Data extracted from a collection
**********

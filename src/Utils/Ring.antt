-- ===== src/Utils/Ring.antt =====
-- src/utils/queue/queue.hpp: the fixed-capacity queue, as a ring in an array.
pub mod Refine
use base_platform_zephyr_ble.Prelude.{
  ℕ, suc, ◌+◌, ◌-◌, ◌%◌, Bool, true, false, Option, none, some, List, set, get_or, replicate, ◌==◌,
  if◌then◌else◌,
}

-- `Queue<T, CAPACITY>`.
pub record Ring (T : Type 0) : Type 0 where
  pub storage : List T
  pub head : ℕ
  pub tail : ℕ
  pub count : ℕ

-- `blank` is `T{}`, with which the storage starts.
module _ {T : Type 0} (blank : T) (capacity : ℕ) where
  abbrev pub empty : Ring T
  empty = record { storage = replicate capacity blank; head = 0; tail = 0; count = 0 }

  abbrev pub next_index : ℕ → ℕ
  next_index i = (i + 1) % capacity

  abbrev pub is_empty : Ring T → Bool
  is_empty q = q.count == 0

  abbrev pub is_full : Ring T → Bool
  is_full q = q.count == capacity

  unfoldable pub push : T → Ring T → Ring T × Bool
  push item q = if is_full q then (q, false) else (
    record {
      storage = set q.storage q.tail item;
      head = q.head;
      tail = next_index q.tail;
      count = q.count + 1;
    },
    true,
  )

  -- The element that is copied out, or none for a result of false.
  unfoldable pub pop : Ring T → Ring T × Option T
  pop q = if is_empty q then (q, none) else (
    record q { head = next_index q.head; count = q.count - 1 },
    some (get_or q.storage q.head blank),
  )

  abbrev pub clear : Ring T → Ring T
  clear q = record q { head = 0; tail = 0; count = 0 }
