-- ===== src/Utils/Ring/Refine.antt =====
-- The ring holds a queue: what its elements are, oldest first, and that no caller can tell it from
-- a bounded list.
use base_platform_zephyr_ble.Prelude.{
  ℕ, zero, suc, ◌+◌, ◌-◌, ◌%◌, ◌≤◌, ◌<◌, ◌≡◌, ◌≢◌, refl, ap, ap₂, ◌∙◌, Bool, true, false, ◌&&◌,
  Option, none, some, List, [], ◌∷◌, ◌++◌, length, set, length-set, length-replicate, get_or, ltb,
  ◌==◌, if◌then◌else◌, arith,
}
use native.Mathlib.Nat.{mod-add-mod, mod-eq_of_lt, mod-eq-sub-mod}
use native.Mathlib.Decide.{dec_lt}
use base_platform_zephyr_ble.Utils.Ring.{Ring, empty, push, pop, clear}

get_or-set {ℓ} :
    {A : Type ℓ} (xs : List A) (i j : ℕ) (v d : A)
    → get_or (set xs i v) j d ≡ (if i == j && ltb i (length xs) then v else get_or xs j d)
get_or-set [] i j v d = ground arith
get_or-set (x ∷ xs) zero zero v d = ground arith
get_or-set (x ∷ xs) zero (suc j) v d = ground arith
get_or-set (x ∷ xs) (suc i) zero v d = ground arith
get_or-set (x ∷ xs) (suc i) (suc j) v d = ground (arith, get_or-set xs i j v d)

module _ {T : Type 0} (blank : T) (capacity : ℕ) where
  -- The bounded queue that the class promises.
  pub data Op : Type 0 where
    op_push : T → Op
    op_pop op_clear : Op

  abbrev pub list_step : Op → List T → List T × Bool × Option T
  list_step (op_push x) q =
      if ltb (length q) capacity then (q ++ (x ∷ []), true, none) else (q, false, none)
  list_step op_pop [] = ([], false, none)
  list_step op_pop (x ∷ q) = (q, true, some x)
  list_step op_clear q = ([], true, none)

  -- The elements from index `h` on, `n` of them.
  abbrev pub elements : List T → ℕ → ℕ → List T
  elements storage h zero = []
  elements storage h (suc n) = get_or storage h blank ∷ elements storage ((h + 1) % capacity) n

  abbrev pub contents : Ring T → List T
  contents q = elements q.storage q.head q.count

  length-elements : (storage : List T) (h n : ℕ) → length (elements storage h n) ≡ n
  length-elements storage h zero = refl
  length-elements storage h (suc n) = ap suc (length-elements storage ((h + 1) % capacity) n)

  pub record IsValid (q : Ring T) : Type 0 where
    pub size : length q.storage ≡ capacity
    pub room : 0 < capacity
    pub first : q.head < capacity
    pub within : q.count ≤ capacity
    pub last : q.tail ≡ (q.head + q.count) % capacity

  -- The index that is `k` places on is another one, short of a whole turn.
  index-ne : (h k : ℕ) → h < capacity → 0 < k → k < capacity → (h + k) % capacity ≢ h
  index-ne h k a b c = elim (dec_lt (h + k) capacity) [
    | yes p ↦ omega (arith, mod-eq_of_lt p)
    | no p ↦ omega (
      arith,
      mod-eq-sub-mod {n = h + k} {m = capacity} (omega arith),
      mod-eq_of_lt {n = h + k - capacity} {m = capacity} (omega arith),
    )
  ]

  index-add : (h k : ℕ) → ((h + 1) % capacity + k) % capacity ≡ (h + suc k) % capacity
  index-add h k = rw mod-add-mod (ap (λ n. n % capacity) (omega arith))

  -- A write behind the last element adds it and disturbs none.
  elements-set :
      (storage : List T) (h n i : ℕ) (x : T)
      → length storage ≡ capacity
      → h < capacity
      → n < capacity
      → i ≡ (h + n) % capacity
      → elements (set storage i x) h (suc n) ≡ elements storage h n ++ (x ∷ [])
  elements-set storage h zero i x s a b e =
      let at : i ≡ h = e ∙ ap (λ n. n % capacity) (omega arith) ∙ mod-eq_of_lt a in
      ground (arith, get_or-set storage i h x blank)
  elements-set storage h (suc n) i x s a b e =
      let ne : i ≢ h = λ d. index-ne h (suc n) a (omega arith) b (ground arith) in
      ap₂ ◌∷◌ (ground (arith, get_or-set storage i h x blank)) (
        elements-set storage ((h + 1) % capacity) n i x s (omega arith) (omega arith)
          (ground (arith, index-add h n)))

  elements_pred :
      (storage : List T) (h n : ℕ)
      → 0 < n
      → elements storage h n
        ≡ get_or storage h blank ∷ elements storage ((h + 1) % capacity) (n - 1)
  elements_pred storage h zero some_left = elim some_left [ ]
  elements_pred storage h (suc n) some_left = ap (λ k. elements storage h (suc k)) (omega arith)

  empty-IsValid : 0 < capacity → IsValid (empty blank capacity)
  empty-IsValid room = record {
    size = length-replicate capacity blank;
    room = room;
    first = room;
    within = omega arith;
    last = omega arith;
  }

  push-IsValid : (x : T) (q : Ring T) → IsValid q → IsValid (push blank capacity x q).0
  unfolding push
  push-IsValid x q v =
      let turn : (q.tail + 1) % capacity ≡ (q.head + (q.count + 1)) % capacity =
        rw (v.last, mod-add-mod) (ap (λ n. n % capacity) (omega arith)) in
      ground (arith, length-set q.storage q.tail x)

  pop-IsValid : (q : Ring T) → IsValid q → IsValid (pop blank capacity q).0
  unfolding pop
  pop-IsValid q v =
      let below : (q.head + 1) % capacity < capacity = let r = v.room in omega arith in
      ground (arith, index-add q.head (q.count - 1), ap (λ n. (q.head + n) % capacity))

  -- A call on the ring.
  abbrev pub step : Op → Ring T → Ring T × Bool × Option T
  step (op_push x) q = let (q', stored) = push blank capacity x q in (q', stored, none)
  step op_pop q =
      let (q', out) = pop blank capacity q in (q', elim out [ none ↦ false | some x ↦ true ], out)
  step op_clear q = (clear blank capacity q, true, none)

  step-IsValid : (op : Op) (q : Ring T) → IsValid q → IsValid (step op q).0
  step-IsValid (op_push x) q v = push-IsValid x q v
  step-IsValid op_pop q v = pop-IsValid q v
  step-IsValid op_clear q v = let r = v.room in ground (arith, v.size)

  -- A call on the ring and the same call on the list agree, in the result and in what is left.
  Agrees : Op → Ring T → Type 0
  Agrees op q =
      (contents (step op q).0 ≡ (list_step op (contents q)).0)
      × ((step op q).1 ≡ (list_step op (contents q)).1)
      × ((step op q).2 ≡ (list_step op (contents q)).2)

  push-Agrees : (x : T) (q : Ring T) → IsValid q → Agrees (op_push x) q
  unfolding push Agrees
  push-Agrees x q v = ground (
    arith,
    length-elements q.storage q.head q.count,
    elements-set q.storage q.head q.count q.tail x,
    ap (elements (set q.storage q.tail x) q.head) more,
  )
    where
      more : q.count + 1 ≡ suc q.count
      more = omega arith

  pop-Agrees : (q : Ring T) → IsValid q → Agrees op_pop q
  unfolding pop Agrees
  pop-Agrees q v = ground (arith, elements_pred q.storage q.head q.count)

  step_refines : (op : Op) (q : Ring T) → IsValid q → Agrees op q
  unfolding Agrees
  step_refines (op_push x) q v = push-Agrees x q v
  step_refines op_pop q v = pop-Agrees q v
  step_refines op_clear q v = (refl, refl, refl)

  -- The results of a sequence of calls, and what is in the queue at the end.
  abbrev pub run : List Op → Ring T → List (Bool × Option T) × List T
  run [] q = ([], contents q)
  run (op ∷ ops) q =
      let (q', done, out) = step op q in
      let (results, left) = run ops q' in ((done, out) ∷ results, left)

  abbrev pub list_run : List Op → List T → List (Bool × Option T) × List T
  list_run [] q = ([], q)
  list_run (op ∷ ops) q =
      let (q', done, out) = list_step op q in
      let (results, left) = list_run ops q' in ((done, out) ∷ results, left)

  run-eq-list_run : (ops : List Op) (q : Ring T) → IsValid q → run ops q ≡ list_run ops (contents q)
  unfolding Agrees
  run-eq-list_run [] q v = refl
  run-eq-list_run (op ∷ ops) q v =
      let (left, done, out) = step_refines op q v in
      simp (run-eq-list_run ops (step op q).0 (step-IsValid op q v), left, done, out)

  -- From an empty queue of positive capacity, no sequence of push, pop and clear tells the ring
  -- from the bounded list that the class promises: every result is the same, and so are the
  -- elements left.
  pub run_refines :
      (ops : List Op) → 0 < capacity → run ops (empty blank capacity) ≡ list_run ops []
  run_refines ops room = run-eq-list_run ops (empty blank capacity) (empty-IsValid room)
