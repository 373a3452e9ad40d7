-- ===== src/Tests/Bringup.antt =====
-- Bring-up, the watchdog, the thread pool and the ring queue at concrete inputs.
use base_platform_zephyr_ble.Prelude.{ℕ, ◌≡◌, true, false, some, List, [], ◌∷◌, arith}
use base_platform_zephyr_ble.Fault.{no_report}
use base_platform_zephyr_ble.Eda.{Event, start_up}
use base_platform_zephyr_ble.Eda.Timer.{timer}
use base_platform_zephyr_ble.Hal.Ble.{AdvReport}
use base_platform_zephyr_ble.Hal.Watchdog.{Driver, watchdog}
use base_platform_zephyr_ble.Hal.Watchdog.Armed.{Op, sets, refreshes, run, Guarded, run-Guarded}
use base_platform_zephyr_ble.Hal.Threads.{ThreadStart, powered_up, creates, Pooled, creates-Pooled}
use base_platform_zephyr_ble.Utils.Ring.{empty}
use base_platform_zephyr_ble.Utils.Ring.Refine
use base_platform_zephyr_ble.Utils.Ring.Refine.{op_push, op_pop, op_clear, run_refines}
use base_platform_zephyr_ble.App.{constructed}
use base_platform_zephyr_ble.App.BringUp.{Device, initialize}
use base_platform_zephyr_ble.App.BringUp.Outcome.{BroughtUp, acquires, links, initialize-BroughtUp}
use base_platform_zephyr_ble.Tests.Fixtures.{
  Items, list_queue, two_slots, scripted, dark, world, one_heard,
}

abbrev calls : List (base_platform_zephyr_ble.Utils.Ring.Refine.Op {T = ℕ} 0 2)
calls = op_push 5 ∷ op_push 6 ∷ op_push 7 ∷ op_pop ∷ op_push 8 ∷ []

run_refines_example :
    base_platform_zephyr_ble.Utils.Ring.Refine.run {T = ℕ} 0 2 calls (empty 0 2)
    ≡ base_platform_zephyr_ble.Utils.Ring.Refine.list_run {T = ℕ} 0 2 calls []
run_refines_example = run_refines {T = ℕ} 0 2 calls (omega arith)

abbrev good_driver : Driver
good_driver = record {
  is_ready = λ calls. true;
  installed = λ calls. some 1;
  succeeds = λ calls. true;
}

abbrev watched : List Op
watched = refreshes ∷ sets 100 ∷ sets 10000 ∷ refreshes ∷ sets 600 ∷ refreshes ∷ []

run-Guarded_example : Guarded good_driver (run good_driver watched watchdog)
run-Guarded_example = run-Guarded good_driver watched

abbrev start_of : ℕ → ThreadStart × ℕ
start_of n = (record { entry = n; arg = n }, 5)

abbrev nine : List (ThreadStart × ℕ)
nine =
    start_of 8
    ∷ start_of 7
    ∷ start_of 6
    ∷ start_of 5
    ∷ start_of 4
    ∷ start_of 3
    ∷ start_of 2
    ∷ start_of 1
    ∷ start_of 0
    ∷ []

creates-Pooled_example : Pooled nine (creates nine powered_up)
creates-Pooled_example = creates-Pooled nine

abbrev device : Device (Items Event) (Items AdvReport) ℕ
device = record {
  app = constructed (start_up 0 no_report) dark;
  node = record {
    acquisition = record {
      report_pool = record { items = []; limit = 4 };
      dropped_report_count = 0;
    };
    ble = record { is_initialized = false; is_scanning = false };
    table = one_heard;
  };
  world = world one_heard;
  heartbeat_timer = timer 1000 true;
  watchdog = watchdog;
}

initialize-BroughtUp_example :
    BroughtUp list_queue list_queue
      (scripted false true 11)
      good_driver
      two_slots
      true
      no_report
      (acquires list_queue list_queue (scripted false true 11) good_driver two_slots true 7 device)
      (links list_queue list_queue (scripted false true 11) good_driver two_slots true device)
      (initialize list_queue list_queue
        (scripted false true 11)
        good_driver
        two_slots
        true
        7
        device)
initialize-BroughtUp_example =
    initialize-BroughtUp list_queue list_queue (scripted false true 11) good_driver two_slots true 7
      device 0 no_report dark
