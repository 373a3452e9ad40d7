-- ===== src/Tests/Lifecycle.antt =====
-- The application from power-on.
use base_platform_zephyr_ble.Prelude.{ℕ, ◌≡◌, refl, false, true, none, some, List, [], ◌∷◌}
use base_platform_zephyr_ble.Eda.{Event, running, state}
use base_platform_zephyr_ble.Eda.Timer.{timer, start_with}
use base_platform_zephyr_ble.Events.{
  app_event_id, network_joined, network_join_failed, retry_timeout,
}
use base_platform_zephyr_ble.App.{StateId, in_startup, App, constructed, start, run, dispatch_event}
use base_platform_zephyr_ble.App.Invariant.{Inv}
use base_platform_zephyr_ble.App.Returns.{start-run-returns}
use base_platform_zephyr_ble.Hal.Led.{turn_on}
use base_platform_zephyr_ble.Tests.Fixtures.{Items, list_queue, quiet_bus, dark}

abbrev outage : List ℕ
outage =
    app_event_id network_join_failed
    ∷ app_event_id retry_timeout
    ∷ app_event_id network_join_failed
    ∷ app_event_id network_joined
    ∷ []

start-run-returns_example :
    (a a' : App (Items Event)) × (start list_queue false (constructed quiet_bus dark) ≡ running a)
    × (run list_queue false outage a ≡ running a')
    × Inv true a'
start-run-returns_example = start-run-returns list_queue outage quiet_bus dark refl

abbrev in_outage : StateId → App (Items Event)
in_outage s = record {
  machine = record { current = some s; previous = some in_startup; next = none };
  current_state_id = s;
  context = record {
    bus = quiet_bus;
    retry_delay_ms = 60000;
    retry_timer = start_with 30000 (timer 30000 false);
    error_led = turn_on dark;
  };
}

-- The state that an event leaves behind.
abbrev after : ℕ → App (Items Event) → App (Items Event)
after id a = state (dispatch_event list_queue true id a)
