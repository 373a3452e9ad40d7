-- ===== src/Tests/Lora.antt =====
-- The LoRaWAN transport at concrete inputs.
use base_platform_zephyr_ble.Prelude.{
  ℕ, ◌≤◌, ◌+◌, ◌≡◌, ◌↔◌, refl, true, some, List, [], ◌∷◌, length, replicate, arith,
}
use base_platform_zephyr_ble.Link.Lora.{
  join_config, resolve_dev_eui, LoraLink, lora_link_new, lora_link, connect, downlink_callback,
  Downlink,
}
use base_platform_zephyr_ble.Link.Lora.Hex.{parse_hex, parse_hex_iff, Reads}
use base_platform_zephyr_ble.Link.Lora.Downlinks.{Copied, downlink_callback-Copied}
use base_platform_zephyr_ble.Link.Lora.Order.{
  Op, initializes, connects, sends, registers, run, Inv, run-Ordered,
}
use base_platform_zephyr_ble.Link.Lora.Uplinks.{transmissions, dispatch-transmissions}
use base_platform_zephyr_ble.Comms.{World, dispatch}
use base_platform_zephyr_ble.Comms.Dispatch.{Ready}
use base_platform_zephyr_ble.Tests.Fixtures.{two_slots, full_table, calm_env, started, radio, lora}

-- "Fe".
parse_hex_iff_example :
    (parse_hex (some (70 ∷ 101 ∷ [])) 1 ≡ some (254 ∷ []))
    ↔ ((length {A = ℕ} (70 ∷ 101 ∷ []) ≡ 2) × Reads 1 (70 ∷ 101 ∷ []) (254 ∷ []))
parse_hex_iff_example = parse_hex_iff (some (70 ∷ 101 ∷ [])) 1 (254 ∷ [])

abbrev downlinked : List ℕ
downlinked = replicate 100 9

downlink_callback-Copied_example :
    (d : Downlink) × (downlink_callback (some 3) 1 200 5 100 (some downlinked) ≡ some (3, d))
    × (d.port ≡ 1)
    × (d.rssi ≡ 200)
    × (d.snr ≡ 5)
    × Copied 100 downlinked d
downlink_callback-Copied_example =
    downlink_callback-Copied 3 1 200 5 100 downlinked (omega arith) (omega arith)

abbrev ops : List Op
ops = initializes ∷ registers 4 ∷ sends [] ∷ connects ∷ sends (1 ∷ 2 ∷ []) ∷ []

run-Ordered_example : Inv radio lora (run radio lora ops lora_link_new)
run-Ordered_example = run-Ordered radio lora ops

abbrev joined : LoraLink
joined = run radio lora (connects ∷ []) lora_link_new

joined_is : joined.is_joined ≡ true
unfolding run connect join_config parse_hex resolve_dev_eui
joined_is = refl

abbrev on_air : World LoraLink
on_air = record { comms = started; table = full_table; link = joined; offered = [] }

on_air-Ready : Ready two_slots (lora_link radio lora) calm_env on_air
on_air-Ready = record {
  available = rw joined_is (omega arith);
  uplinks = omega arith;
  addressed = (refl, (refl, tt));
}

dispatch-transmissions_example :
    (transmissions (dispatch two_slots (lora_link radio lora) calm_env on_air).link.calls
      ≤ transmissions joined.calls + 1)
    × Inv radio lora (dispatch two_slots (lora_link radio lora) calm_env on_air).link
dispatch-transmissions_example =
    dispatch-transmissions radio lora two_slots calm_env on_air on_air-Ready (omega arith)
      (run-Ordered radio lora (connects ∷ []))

**********

■ Exercise details
Give the lines again, exactly as they stand, from the beginning of the data through the line with "pub storage : List T".

■ Answer space
filename src/Utils/Ring.antt
-- ===== src/Utils/Ring.antt =====
-- src/utils/queue/queue.hpp: the fixed-capacity queue, as a ring in an array.
pub mod Refine
use base_platform_zephyr_ble.Prelude.{
  ℕ, suc, ◌+◌, ◌-◌, ◌%◌, Bool, true, false, Option, none, some, List, set, get_or, replicate, ◌==◌,
  if◌then◌else◌,
}

-- `Queue<T, CAPACITY>`.
pub record Ring (T : Type 0) : Type 0 where
  pub storage : List T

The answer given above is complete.